Le paradoxe est que le mondialisme qui du point de vue économique oeuvre au démantèlement des états-nations dans le monde arabe et en Europe s’évertue d’un point de vue idéologique à assoir un nationalisme élargi en créant ce que le penseur libanais Georges Corm appelle des méga-identité inventées de toutes pièces et servant à concrétiser la fracture et le choc des civilisations.
En effet, la thèse de Samuel Huntington aidant ou servant d’alibi, l’empire a réussi à schématiser deux méga-identités : la civilisation musulmane et la civilisation judéo-chrétienne. Pur produit d’un imaginaire réducteur, la civilisation musulmane ne correspond à aucune unité géographique, idéologique ni même culturelle alors que la civilisation "judéo-chrétienne" n’est qu’une invention incongrue des sionistes chrétiens et juifs. L’identification à ces méga-identités suscitée par un intense matraquage médiatique répandant la peur d’un coté et de l’autre pousse à la haine et aux extrémismes( l’islamisme et l’islamophobie sont le pur produit de cette grégarité manipulée) et avalise ainsi les sombres projets hégémoniques de l’empire unipolaire.
Oui, l’empire euro-atlantique-sioniste est passé maitre dans l’art de la manipulation de cet instinct grégaire... en excisant et en exacerbant les méga-nationalismes . Mais il a mis la barre si haut que...

17/02/2013 02:01 par Dwaabala

à Fethi GHARBI
ce qui est sûr aujourd’hui, c’est l’existence d’un et un seul impérialisme.

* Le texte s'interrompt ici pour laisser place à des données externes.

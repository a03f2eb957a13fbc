-- ===== src/Dsn/Merging.antt =====
-- driver.go: what mergeConnStringOptions makes of the query of a connection string.
use hotload.Prelude.{
  ◌⊎◌, last, or_else, ◌≡◌, ◌≢◌, refl, String, Option, List, [], ◌∷◌, arith, lookup, insert,
  lookup-insert, inl, inr,
}
use mathlib.Core.Option
use hotload.State.{Error, Result-cases, ok, err, unparsable_conn_string, unparsable_query}
use hotload.Dsn.{Values, Url, UrlLib, set_options, merge_conn_string_options}

-- The option's only value, the last one given, or else what the connection string has.
abbrev pub merged : String → List (String × String) → Values → Option (List String)
merged k options values = or_else (Option.map (λ v. v ∷ []) (last k options)) (lookup k values)

set_options-lookup :
    (k : String) (options : List (String × String)) (values : Values)
    → lookup k (set_options options values) ≡ merged k options values
unfolding set_options last
set_options-lookup k [] values = refl
set_options-lookup k (e ∷ rest) values = ground (
  arith,
  set_options-lookup k rest (insert e.0 (e.1 ∷ []) values),
  lookup-insert e.0 k (e.1 ∷ []) values,
)

-- Without options the connection string stays as it is. With options, either net/url refuses the string or its query, and
-- mergeConnStringOptions answers an error of its own for that case with net/url's error in it; or the
-- result is the parsed URL with another query, in which each option has the last value given to it,
-- alone, and every other key has its values from before.
pub merge_conn_string_options-values :
    (url : UrlLib) (dsn : String) (options : List (String × String))
    → let result = merge_conn_string_options url dsn options in
      ((options ≡ []) × (result ≡ ok dsn))
      ⊎ (((options ≢ [])
            × (e : Error) × (((result ≡ err (unparsable_conn_string e))
                  × (url.parse_request_uri dsn ≡ err e))
                ⊎ ((u : Url) × (result ≡ err (unparsable_query e))
                    × (url.parse_request_uri dsn ≡ ok u)
                    × (url.parse_query u.raw_query ≡ err e))))
          ⊎ ((options ≢ [])
              × (u : Url) × (values vs : Values) × (url.parse_request_uri dsn ≡ ok u)
              × (url.parse_query u.raw_query ≡ ok values)
              × (result ≡ ok (url.to_string (record u { raw_query = url.encode vs })))
              × ((k : String) → lookup k vs ≡ merged k options values)))
unfolding merge_conn_string_options
merge_conn_string_options-values url dsn [] = inl (refl, refl)
merge_conn_string_options-values url dsn (o ∷ options) =
    let some_option : o ∷ options ≢ [] = λ e. ground (arith, e) in
    elim (Result-cases (url.parse_request_uri dsn)) [
      | inr (e, p) ↦ inr (inl (some_option, e, inl (ground (arith, p), p)))
      | inl (u, p) ↦ elim (Result-cases (url.parse_query u.raw_query)) [
        | inr (e, q) ↦ inr (inl (some_option, e, inr (u, ground (arith, p, q), p, q)))
        | inl (values, q) ↦ inr (
            inr (
              some_option,
              u,
              values,
              set_options (o ∷ options) values,
              p,
              q,
              ground (arith, p, q),
              λ k. set_options-lookup k (o ∷ options) values,
            ))
      ]
    ]
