-- ===== src/Dsn/Tests.antt =====
-- A connection string whose query has one of two options already.
use hotload.Prelude.{◌≡◌, ◌≢◌, ◌⊎◌, String, List, [], ◌∷◌, lookup}
use hotload.State.{Error, ok, err, unparsable_conn_string, unparsable_query}
use hotload.Dsn.{UrlLib, Url, Values, merge_conn_string_options}
use hotload.Dsn.Merging.{merged, merge_conn_string_options-values}

abbrev one_url : UrlLib
one_url = record {
  parse = λ s. ok (record { scheme = "pg"; host = "h"; path = "/"; raw_query = s; remainder = "" });
  parse_request_uri =
      λ s. ok (record { scheme = "pg"; host = "h"; path = "/"; raw_query = s; remainder = "" });
  parse_query = λ s. ok (("a", "1" ∷ "2" ∷ []) ∷ ("b", "3" ∷ []) ∷ []);
  query = λ u. [];
  encode = λ vs. "q";
  to_string = λ u. u.raw_query;
}

abbrev two_options : List (String × String)
two_options = ("a", "4") ∷ ("c", "5") ∷ []

merge_conn_string_options-values_example :
    let result = merge_conn_string_options one_url "dsn" two_options in
    ((two_options ≡ []) × (result ≡ ok "dsn"))
    ⊎ (((two_options ≢ [])
          × (e : Error) × (((result ≡ err (unparsable_conn_string e))
                × (one_url.parse_request_uri "dsn" ≡ err e))
              ⊎ ((u : Url) × (result ≡ err (unparsable_query e))
                  × (one_url.parse_request_uri "dsn" ≡ ok u)
                  × (one_url.parse_query u.raw_query ≡ err e))))
        ⊎ ((two_options ≢ [])
            × (u : Url) × (values vs : Values) × (one_url.parse_request_uri "dsn" ≡ ok u)
            × (one_url.parse_query u.raw_query ≡ ok values)
            × (result ≡ ok (one_url.to_string (record u { raw_query = one_url.encode vs })))
            × ((k : String) → lookup k vs ≡ merged k two_options values)))
merge_conn_string_options-values_example =
    merge_conn_string_options-values one_url "dsn" two_options
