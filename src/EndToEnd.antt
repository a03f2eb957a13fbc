-- ===== src/EndToEnd.antt =====
-- A file's value on its way to the connections: fsnotify/filewatcher.go's runLoop and opLoop, and
-- driver.go's runLoop of the group that receives from the query's channel.
mod Delivered
mod AllGroups
mod Tests
use hotload.Prelude.{ℕ, suc, String, List, [], ◌∷◌}
use hotload.ChanGroup.{Event, new_value}

-- `case v := <-cg.newValChan` for each value received: RedactUrl and the clock are functions, the
-- clock one of how many values came before.
unfoldable pub arrivals : (String → String) → (ℕ → ℕ) → ℕ → List String → List Event
arrivals redact clock n [] = []
arrivals redact clock n (v ∷ vs) =
    new_value v (redact v) (clock n) ∷ arrivals redact clock (suc n) vs
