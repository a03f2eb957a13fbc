-- ===== src/Text.antt =====
-- The parts of strings and path (Go's standard library) that the strategy uses, on code points.
use Prim.Native.Char.{code}
use hotload.Prelude.{
  ℕ, String, Bool, false, ◌&&◌, ◌||◌, List, [], ◌∷◌, ◌==◌, leb, if◌then◌else◌, str_eq,
}

-- unicode.IsSpace
unfoldable pub is_space : ℕ → Bool
is_space c =
    leb 9 c && leb c 13
    || c == 32
    || c == 0x85
    || c == 0xa0
    || c == 0x1680
    || leb 0x2000 c && leb c 0x200a
    || c == 0x2028
    || c == 0x2029
    || c == 0x202f
    || c == 0x205f
    || c == 0x3000

unfoldable pub trim_left : String → String
unfolding is_space
trim_left String.[] = ""
trim_left (String.◌∷◌ c s) =
    let rest = trim_left s in if is_space (code c) then rest else String.◌∷◌ c s

unfoldable pub trim_right : String → String
unfolding is_space
trim_right String.[] = ""
trim_right (String.◌∷◌ c s) =
    let rest = trim_right s in if str_eq rest "" && is_space (code c) then "" else String.◌∷◌ c rest

-- strings.TrimSpace
unfoldable pub trim_space : String → String
unfolding trim_left trim_right
trim_space s = trim_right (trim_left s)

-- The elements between slashes.
unfoldable pub elements : String → List String
elements String.[] = "" ∷ []
elements (String.◌∷◌ c s) = elim (elements s) [
  | [] ↦ "" ∷ []
  | e ∷ es ↦ if code c == b'/' then "" ∷ e ∷ es else String.◌∷◌ c e ∷ es
]

-- The elements kept so far, last first. `..` drops one; at a root it is dropped itself.
unfoldable pub resolve : Bool → List String → List String → List String
resolve rooted kept [] = kept
resolve rooted kept (e ∷ es) =
    resolve rooted
      (if str_eq e "" || str_eq e "."
        then kept
        else (if str_eq e ".."
            then (elim kept [
              | [] ↦ if rooted then [] else ".." ∷ []
              | k ∷ ks ↦ if str_eq k ".." then ".." ∷ k ∷ ks else ks
            ])
            else e ∷ kept))
      es

unfoldable pub append_text : String → String → String
append_text String.[] t = t
append_text (String.◌∷◌ c s) t = String.◌∷◌ c (append_text s t)

unfoldable pub join : List String → String → String
unfolding append_text
join [] tail = tail
join (e ∷ es) tail = join es (if str_eq tail "" then e else append_text e (append_text "/" tail))

unfoldable pub is_rooted : String → Bool
is_rooted String.[] = false
is_rooted (String.◌∷◌ c s) = code c == b'/'

-- path.Clean
unfoldable pub clean : String → String
unfolding elements resolve join is_rooted append_text
clean s =
    let kept = join (resolve (is_rooted s) [] (elements s)) "" in
    if is_rooted s then append_text "/" kept else (if str_eq kept "" then "." else kept)
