-- ===== src/PathChksum.antt =====
-- metrics/pathchksum_metrics.go: checksums of watched files and when they last changed. The lock is
-- held for the whole of addPath.
pub mod Scraping
pub mod Adding
mod Tests
use Prim.Native.Char.{code}
use hotload.Prelude.{
  ℕ, ◌+◌, String, Bool, true, false, ◌&&◌, ◌||◌, Option, none, some, List, [], ◌∷◌, map, leb, ◌==◌,
  lookup, insert, if◌then◌else◌,
}
use hotload.State.{Result, ok, err}
use hotload.Text.{clean, trim_space}

pub record ChksumRecord : Type 0 where
  pub path : String
  pub crc64 : ℕ
  pub last_changed : ℕ

-- `registered` lists the labels given to HotloadPathChksumTimestampSecondsGaugeFuncVec, newest
-- first. Its MustRegister panics for a label that it has.
pub record PathChksum : Type 0 where
  pub enabled : Bool
  pub paths : List (String × ChksumRecord)
  pub registered : List String

-- `strings.ToLower` on the letters of ASCII. No other code point has one of the letters of "true"
-- and "yes" as its lower case.
abbrev lower : ℕ → ℕ
lower c = if leb b'A' c && leb c b'Z' then c + 32 else c

abbrev pub codes : String → List ℕ
codes String.[] = []
codes (String.◌∷◌ c s) = code c ∷ codes s

unfoldable pub codes_eq : List ℕ → List ℕ → Bool
codes_eq [] [] = true
codes_eq [] (d ∷ t) = false
codes_eq (c ∷ s) [] = false
codes_eq (c ∷ s) (d ∷ t) = c == d && codes_eq s t

unfoldable pub is_enabled : String → Bool
unfolding codes_eq trim_space
is_enabled env =
    let enabled_str = map lower (codes (trim_space env)) in
    codes_eq enabled_str (codes "1")
    || codes_eq enabled_str (codes "true")
    || codes_eq enabled_str (codes "yes")

-- `newPathChksum`, with the value of HOTLOAD_PATH_CHKSUM_METRICS_ENABLE. Its hasher is not nil.
unfoldable pub new_path_chksum : String → PathChksum
unfolding is_enabled
new_path_chksum env = record { enabled = is_enabled env; paths = []; registered = [] }

-- `DefaultFileHasher`, over what reading the file answers and the checksum of Go's crc64.
unfoldable pub default_file_hasher : (String → ℕ) → Result String → Result ℕ
default_file_hasher checksum (ok bytes) = ok (checksum bytes)
default_file_hasher checksum (err e) = err e

-- `CleanPath`
abbrev pub clean_path : String → String
clean_path path_str = clean (trim_space path_str)

-- `addPath`; the flag is whether it answers ErrDuplicatePath.
unfoldable pub add_path : PathChksum → String → PathChksum × Bool
unfolding lookup insert
add_path s path_str =
    if s.enabled
    then elim (lookup (clean_path path_str) s.paths) [
      | some r ↦ (s, true)
      | none ↦
          let r : ChksumRecord = record {
            path = clean_path path_str;
            crc64 = 0;
            last_changed = 0;
          } in
          (
            record s {
              paths = insert (clean_path path_str) r s.paths;
              registered = clean_path path_str ∷ s.registered;
            },
            false,
          )
    ]
    else (s, false)

-- The gauge's function, scraperFn, on its record: what the hasher answers, and the time. The value
-- that it reports is `last_changed` of the record that it leaves, or 0 if checksums are disabled.
unfoldable pub scrape : Bool → ChksumRecord → Result ℕ → ℕ → ChksumRecord × ℕ
scrape false r hash now = (r, 0)
scrape true r (err e) now = (r, r.last_changed)
scrape true r (ok new_crc64) now =
    if r.crc64 == new_crc64
    then (r, r.last_changed)
    else (record r { crc64 = new_crc64; last_changed = now }, now)
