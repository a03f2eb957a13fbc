-- ===== src/Fsnotify/Locking/Carrying.antt =====
-- fsnotify/filewatcher.go: a call of setVal sends its value to each query of the path.
use hotload.Prelude.{
  ℕ, ◌≡◌, ◌≢◌, ◌⊎◌, inl, inr, refl, sym, subst, ◌∙◌, String, Option, none, some, List, [], ◌∷◌,
  ◌++◌, In, arith, update, Option-cases, ℕ-cases,
}
use hotload.Fsnotify.{PendingOperation, send, close}
use hotload.Fsnotify.OpLoop.{
  OpLoop, enqueue, close_chan, process, check, begin_send, hand_over, recover,
}
use hotload.Fsnotify.Locking.{
  free, sending, System, set_thread, send_next, take_op, acquire, leave, Work, unlocks, sends_next,
  takes, begins, hands_over, recovers, locks, shuts, leaves, Works, done, works,
}
use hotload.Fsnotify.Locking.Tracking.{update-all}

-- The value was put last into the thread's buffer.
abbrev pub PutLast : String → OpLoop → Type 0
PutLast v t = (earlier : List PendingOperation) × (t.enqueued ≡ earlier ++ (send v ∷ []))

-- Nothing but the value is being sent, and it is still to be sent to the query or was put last into
-- its buffer.
pub record Carries (v : String) (i : ℕ) (s : System) : Type 0 where
  pub only : (op : PendingOperation) (is : List ℕ) → s.lock ≡ sending op is → op ≡ send v
  pub comes : ((is : List ℕ) × (s.lock ≡ sending (send v) is) × In i is) ⊎ PutLast v (s.thread i)

process-enqueued :
    (t : OpLoop) (op : PendingOperation) (rest : List PendingOperation)
    → (process t op rest).enqueued ≡ t.enqueued
unfolding process check
process-enqueued t (close pth qry) rest = refl
process-enqueued t (send v) rest = elim (Option-cases t.watch.update_chan) [
  | inl o ↦ rw o refl
  | inr (c, o) ↦ rw o refl
]

begin_send-enqueued :
    (t : OpLoop) (o : Option ℕ) (v : String) → (begin_send t o v).enqueued ≡ t.enqueued
unfolding begin_send
begin_send-enqueued t none v = refl
begin_send-enqueued t (some c) v = refl

-- A move of a thread that puts nothing into a buffer.
set_thread-Carries :
    (v : String) (i j : ℕ) (s : System) (u : OpLoop)
    → u.enqueued ≡ (s.thread j).enqueued
    → Carries v i s
    → Carries v i (set_thread s j u)
set_thread-Carries v i j s u e h = record {
  only = h.only;
  comes = elim h.comes [
    | inl c ↦ inl c
    | inr (earlier, p) ↦
        let same =
          update-all (λ k t. t.enqueued ≡ (s.thread k).enqueued) s.thread j u (λ k. refl) e i in
        inr (earlier, same ∙ p)
  ];
}

take_op-Carries :
    (v : String) (i j : ℕ) (s : System) (op : PendingOperation) (rest : List PendingOperation)
    → Carries v i s
    → Carries v i (take_op s j op rest)
unfolding take_op
take_op-Carries v i j s (send w) rest h =
    set_thread-Carries v i j s _ (process-enqueued (s.thread j) (send w) rest) h
take_op-Carries v i j s (close pth qry) rest h =
    let k = set_thread-Carries v i j s _ (process-enqueued (s.thread j) (close pth qry) rest) h in
    record { only = k.only; comes = k.comes }

-- What is put last into the buffer of one query, after a send to another or the same.
sent-PutLast :
    (v : String) (i j : ℕ) (s : System)
    → (j ≡ i) ⊎ PutLast v (s.thread i)
    → PutLast v (update s.thread j (enqueue (s.thread j) (send v)) i)
unfolding enqueue
sent-PutLast v i j s h = elim (ℕ-cases j i) [
  | inl e ↦ ((s.thread j).enqueued, ground (arith, e))
  | inr ne ↦ elim h [ inl e ↦ absurd (ne e) | inr (earlier, p) ↦ (earlier, ground (arith, ne, p)) ]
]

send_next-Carries :
    (v : String) (i j : ℕ) (s : System) (op : PendingOperation) (rest : List ℕ)
    → s.lock ≡ sending op (j ∷ rest)
    → Carries v i s
    → Carries v i (send_next s op j rest)
unfolding send_next
send_next-Carries v i j s op rest e h =
    let same : op ≡ send v = h.only op (j ∷ rest) e in
    rw same (record {
      only = λ p is f. ground (arith, f);
      comes = elim h.comes [
        | inr p ↦ inr (sent-PutLast v i j s (inr p))
        | inl (is, l, k) ↦
            let these : is ≡ j ∷ rest = ground (arith, l, e) in
            let m : In i (j ∷ rest) = subst (In i) these k in
            elim m [
              | inl q ↦ inr (sent-PutLast v i j s (inl (sym q)))
              | inr r ↦ inl (rest, refl, r)
            ]
      ];
    })

-- The mutex changes hands, and no send is left.
no_send :
    (v : String) (i : ℕ) (s t : System)
    → t.thread ≡ s.thread
    → ((op : PendingOperation) (is : List ℕ) → t.lock ≢ sending op is)
    → PutLast v (s.thread i)
    → Carries v i t
no_send v i s t e f p = record { only = λ op is l. absurd (f op is l); comes = inr (rw e p) }

-- Without a send that is left, the value was put into the buffer.
was_put :
    (v : String) (i : ℕ) (s : System)
    → ((is : List ℕ) → s.lock ≡ sending (send v) is → ¬ In i is)
    → Carries v i s
    → PutLast v (s.thread i)
was_put v i s f h = elim h.comes [ inl (is, l, k) ↦ absurd (f is l k) | inr p ↦ p ]

pub Work-Carries :
    (n : ℕ) (v : String) (i : ℕ) {s t : System} → Work n s t → Carries v i s → Carries v i t
unfolding acquire leave hand_over recover close_chan
Work-Carries n v i (unlocks s op e) h =
    no_send v i s _ refl (λ p is l. ground (arith, l))
      (was_put v i s (λ is l k. let none_left : is ≡ [] = ground (arith, l, e) in rw none_left at k)
        h)
Work-Carries n v i (sends_next s op j rest l e b) h = send_next-Carries v i j s op rest e h
Work-Carries n v i (takes s j op rest l p f e) h = take_op-Carries v i j s op rest h
Work-Carries n v i (begins s j w l f) h =
    set_thread-Carries v i j s _ (begin_send-enqueued (s.thread j) (s.thread j).watch.update_chan w)
      h
Work-Carries n v i (hands_over s j w l f o k) h = set_thread-Carries v i j s _ refl h
Work-Carries n v i (recovers s j w l f o) h = set_thread-Carries v i j s _ refl h
Work-Carries n v i (locks s j l p f) h =
    no_send v i s _ refl (λ op is q. ground (arith, q))
      (was_put v i s (λ is q k. ground (arith, q, f)) h)
Work-Carries n v i (shuts s who j c l f e) h = set_thread-Carries v i j s _ refl h
Work-Carries n v i (leaves s none f) h =
    no_send v i s _ refl (λ op is q. ground (arith, q))
      (was_put v i s (λ is q k. ground (arith, q, f)) h)
Work-Carries n v i (leaves s (some j) f) h =
    no_send v i s _ refl (λ op is q. ground (arith, q))
      (was_put v i s (λ is q k. ground (arith, q, f)) h)

pub Works-Carries :
    (n : ℕ) (v : String) (i : ℕ) {s : System} {k : ℕ} {t : System}
    → Works n s k t
    → Carries v i s
    → Carries v i t
Works-Carries n v i done h = h
Works-Carries n v i (works w m) h = Work-Carries n v i m (Works-Carries n v i w h)

pub call-Carries :
    (v : String) (i : ℕ) (is : List ℕ) (s : System)
    → s.lock ≡ sending (send v) is
    → In i is
    → Carries v i s
call-Carries v i is s l m = record {
  only = λ op js e. ground (arith, l, e);
  comes = inl (is, l, m);
}

pub Carries-PutLast :
    (v : String) (i : ℕ) (s : System) → s.lock ≡ free → Carries v i s → PutLast v (s.thread i)
Carries-PutLast v i s f h = was_put v i s (λ is e x. ground (arith, e, f)) h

En entendant par impérialisme ce complexe avant tout économique (le capitalisme dont la sublimation est la finance), politique (y compris l’idéologie dont il se soutient et abrutit les masses, qu’elle soit religieuse, nationaliste, belliqueuse, démocratique, pacifiste, légaliste, ou platement chrématistique) et militaire.
Ce qui devrait être non moins sûr pour un progressiste c’est qu’il n’existe qu’une humanité, aussi variée dans ses aspects que peuvent l’être les paysages de la France si chers à l’intervenant salah, et même infiniment plus.
L’unité de cette humanité tient au fait qu’elle subit l’oppression du capital : c’est dire qu’elle n’englobe pas aveuglément tout ce qui se présente sous l’aspect humain au sens morphologique ; dans sa nudité, sa nutrition, sa reproduction et sa mort, non plus que dans son costume-cravate, robe de grand couturier et survêtement-jogging, ni dans son compte en banque.
C’est là la racine de ce grand mouvement émancipateur des peuples, qui a pu être désigné par le terme de spectre (quand il hantait l’Europe) et dont il n’est pas permis de douter, malgré la difficulté de son observation, sauf à s’en remettre au mysticisme quant à sa propre conception philosophique du monde.